I laugh. “Oh, you mean the business that’s like two months away from opening? That business?”
She rolls her eyes. “Yes. It’s not too late to back out now.”
“It’s a little late for the doubt bomb. I’ve already hired two baristas.”
“Fire them.”
“I’ve already spent a fortune renovating the building. It’s perfect.”
“I’m just not sure you’re fully prepared for this.”
I narrow my eyes, focusing on her concern. “Where is this coming from? We were just at the space and you said you loved it.”
Her face breaks out in a grin and she holds up her hand for me to high-five. “Congratulations, you’ve passed the test.”
I leave her hanging. “What test?”
She waves her hand, but I continue to ignore it. “I just wanted to make sure you’re really committed.”
“I should have you committed for almost giving me a heart attack.”

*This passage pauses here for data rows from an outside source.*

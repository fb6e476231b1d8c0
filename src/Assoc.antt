-- ===== src/Assoc.antt =====
-- Go maps keyed by strings, as association lists in which a key stands once.
pub mod Laws
use velocity_mcp.Base.{Bool, List, Option, [], if◌then◌else◌, is_some, none, some, ◌∷◌}
use velocity_mcp.Bytes.{Bytes, equal}

abbrev pub Assoc {ℓ} : Type ℓ → Type ℓ
Assoc V = List (Bytes × V)

module _ {ℓ} {V : Type ℓ} where
  -- `m[key]`; `none` for a key that is not there.
  unfoldable pub lookup : Bytes → Assoc V → Option V
  lookup key [] = none
  lookup key ((k, v) ∷ m) = if equal k key then some v else lookup key m

  -- `m[key] = v`.
  unfoldable pub insert : Bytes → V → Assoc V → Assoc V
  insert key v [] = (key, v) ∷ []
  insert key v ((k, w) ∷ m) = if equal k key then (k, v) ∷ m else (k, w) ∷ insert key v m

  abbrev pub has : Bytes → Assoc V → Bool
  has key m = is_some (lookup key m)
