-- ===== src/Bytes/Laws.antt =====
-- Equality, prefixes and suffixes of byte strings.
use velocity_mcp.Base.{
  ==_refl, Bool, Bool-cases, [], ap, arith, drop, drop-drop, drop-length_append, false, inl, inr,
  length, length-append, refl, sym, take, take-append-drop, take-length_append, true, ℕ, ◌++◌, ◌+◌,
  ◌-◌, ◌↔◌, ◌∙◌, ◌∷◌, ◌≡◌, ◌≢◌, ◌≤◌, ◌⊎◌,
}
use velocity_mcp.Bytes.{Bytes, equal, has_prefix, has_suffix, slice, trim, trim_left, trim_right}

pub equal-eq : (xs ys : Bytes) → equal xs ys ≡ true → xs ≡ ys
unfolding equal
equal-eq [] [] h = refl
equal-eq [] (y ∷ ys) h = cc
equal-eq (x ∷ xs) [] h = cc
equal-eq (x ∷ xs) (y ∷ ys) h = ground (arith, equal-eq xs ys)

pub equal_refl : (xs : Bytes) → equal xs xs ≡ true
unfolding equal
equal_refl [] = refl
equal_refl (x ∷ xs) = rw (==_refl x) (equal_refl xs)

pub equal_iff : (xs ys : Bytes) → (equal xs ys ≡ true) ↔ (xs ≡ ys)
equal_iff xs ys = (equal-eq xs ys, λ e. rw e (equal_refl ys))

pub equal_ne : (xs ys : Bytes) → xs ≢ ys → equal xs ys ≡ false
equal_ne xs ys h = elim (Bool-cases (equal xs ys)) [
  | inl e ↦ absurd (h (equal-eq xs ys e))
  | inr e ↦ e
]

pub equal_sym : (xs ys : Bytes) → equal xs ys ≡ equal ys xs
equal_sym xs ys = elim (Bool-cases (equal xs ys)) [
  | inl e ↦ e ∙ sym ((equal_iff ys xs).1 (sym (equal-eq xs ys e)))
  | inr e ↦ e ∙ sym (equal_ne ys xs (λ q. cc (e, (equal_iff xs ys).1 (sym q))))
]

pub has_prefix-append : (p s : Bytes) → has_prefix (p ++ s) p ≡ true
unfolding has_prefix
has_prefix-append p s =
    rw (take-length_append p s) (ground (arith, length-append p s, equal_refl p))

pub has_suffix-append : (s p : Bytes) → has_suffix (s ++ p) p ≡ true
unfolding has_suffix
has_suffix-append s p =
    let e : length (s ++ p) - length p ≡ length s = omega (arith, length-append s p) in
    rw e (rw (drop-length_append s p) (ground (arith, length-append s p, equal_refl p)))

-- A string with a prefix is the prefix and what follows it.
pub has_prefix-split : (s p : Bytes) → has_prefix s p ≡ true → s ≡ p ++ drop (length p) s
unfolding has_prefix
has_prefix-split s p h =
    let e : take (length p) s ≡ p = equal-eq (take (length p) s) p (ground arith) in
    sym (take-append-drop (length p) s) ∙ ap (λ t. t ++ drop (length p) s) e

has_suffix-split : (s p : Bytes) → has_suffix s p ≡ true → s ≡ take (length s - length p) s ++ p
unfolding has_suffix
has_suffix-split s p h =
    let n = length s - length p in
    let e : drop n s ≡ p = equal-eq (drop n s) p (ground arith) in
    sym (take-append-drop n s) ∙ ap (λ t. take n s ++ t) e

-- The bytes between two delimiters.
pub slice-append :
    (p e q : Bytes) → slice (p ++ (e ++ q)) (length p) (length (p ++ (e ++ q)) - length q) ≡ e
slice-append p e q =
    let n : length (p ++ (e ++ q)) - length q - length p ≡ length e =
      omega (arith, length-append p (e ++ q), length-append e q) in
    rw (n, drop-length_append p (e ++ q)) (take-length_append e q)

has_suffix-drop : (s p : Bytes) → has_suffix s p ≡ true → drop (length s - length p) s ≡ p
unfolding has_suffix
has_suffix-drop s p h = equal-eq (drop (length s - length p) s) p (ground arith)

-- A string that is long enough for both of its delimiters is cut at them.
pub slice-split :
    (s p q : Bytes)
    → length p + length q ≤ length s
    → has_prefix s p ≡ true
    → has_suffix s q ≡ true
    → s ≡ p ++ (slice s (length p) (length s - length q) ++ q)
slice-split s p q n starts ends =
    let k = length s - length q - length p in
    let e : length p + k ≡ length s - length q = omega arith in
    let tail : drop k (drop (length p) s) ≡ q =
      drop-drop k (length p) s ∙ ap (λ i. drop i s) e ∙ has_suffix-drop s q ends in
    let body : drop (length p) s ≡ take k (drop (length p) s) ++ q =
      sym (take-append-drop k (drop (length p) s))
      ∙ ap (λ t. take k (drop (length p) s) ++ t) tail in
    has_prefix-split s p starts ∙ ap (λ t. p ++ t) body

Bytes-cases : (s : Bytes) → (s ≡ []) ⊎ ((c : ℕ) × (t : Bytes) × (s ≡ c ∷ t))
Bytes-cases [] = inl refl
Bytes-cases (c ∷ t) = inr (c, t, refl)

module _ (p : ℕ → Bool) where
  -- What is trimmed on the left is empty or begins with a byte that is kept.
  trim_left-cases :
      (s : Bytes)
      → (trim_left p s ≡ []) ⊎ ((c : ℕ) × (t : Bytes) × (trim_left p s ≡ c ∷ t) × (p c ≡ false))
  unfolding trim_left
  trim_left-cases [] = inl refl
  trim_left-cases (c ∷ s) = elim (Bool-cases (p c)) [
    | inl e ↦ rw e (trim_left-cases s)
    | inr e ↦ rw e (inr (c, s, refl, e))
  ]

  trim_right_twice : (s : Bytes) → trim_right p (trim_right p s) ≡ trim_right p s
  unfolding trim_right
  trim_right_twice [] = refl
  trim_right_twice (c ∷ s) = elim (Bytes-cases (trim_right p s)) [
    | inl e ↦ elim (Bool-cases (p c)) [ inl f ↦ rw (e, f) refl | inr f ↦ rw (e, f) (rw f refl) ]
    | inr (d, t, e) ↦
        let twice = trim_right_twice s in
        let again : trim_right p (d ∷ t) ≡ d ∷ t = rw e at twice in rw (e, again) refl
  ]

  -- A byte that is kept stays in front.
  trim_right-kept : (c : ℕ) (t : Bytes) → p c ≡ false → (r : Bytes) × (trim_right p (c ∷ t) ≡ c ∷ r)
  unfolding trim_right
  trim_right-kept c t e = elim (Bytes-cases (trim_right p t)) [
    | inl f ↦ ([], rw (f, e) refl)
    | inr (d, r, f) ↦ (d ∷ r, rw f refl)
  ]

  pub trim_twice : (s : Bytes) → trim p (trim p s) ≡ trim p s
  unfolding trim
  trim_twice s = elim (trim_left-cases s) [
    | inl e ↦ rw e (unfold trim_right in unfold trim_left in refl)
    | inr (c, t, e, f) ↦
        let (r, g) = trim_right-kept c t f in
        let left : trim_left p (c ∷ r) ≡ c ∷ r = unfold trim_left in rw f refl in
        let right : trim_right p (c ∷ r) ≡ c ∷ r = rw (← g) (trim_right_twice (c ∷ t)) in
        rw (e, g, left) right
  ]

She is unperturbed. “That’s what good friends are for. Oh! Here’s our stop.”
She tugs the line to stop the streetcar and we follow a mob of tourists out onto St. Charles Avenue. It’s early January, days away from the start of Carnival, and there’s an excitement hanging in the air—or maybe that’s just the smell of king cakes baking throughout the city. Either way, I like it.
“Oh, look at the beads hanging in the trees!” one tourist shouts beside us. “How cute!”
Rose rolls her eyes and tugs me forward, anxious to break away from the crowd.
“That’s the last time I let you talk me into taking the streetcar.”
I pinch her side. “C’mon! It’s fun! You’ll sit for a psychic but you won’t tolerate a few tourists? Where is your southern hospitality?”
She strikes a dramatic pose and assumes the voice of a dainty southern belle. “Just because they’re in N’awlins doesn’t mean they can depend on the kindness of strangers.”
After another two blocks of near sprinting, we’re finally on our own, walking along the broken sidewalks and mansions I missed over the years I was away. I smile as we pass a house clinging to the past as much as possible. Out front there are black iron hitching posts with horse heads sculpted out of iron. A hundred years ago, they were used to tie up horses. Today, they’re status symbols.
I find it all charming and adorable. Rose finds the large, worn stepping stones and broken sidewalks “barely tolerable”. She’s only in town for a few weeks and then she’s headed back to Boston. After college, we’d commute back and forth to visit every few weeks, suffering through the dreary winters together. I think she’s still a little annoyed with me for moving back here, but I have zero regrets. It’s the dead of winter and I’m wearing a jean jacket and thin scarf. There’s no snow on the ground, no sludge to wade through on my way to and from the office, no email from my boss explaining that I’ll need to cancel my date and work late again. Life is glorious.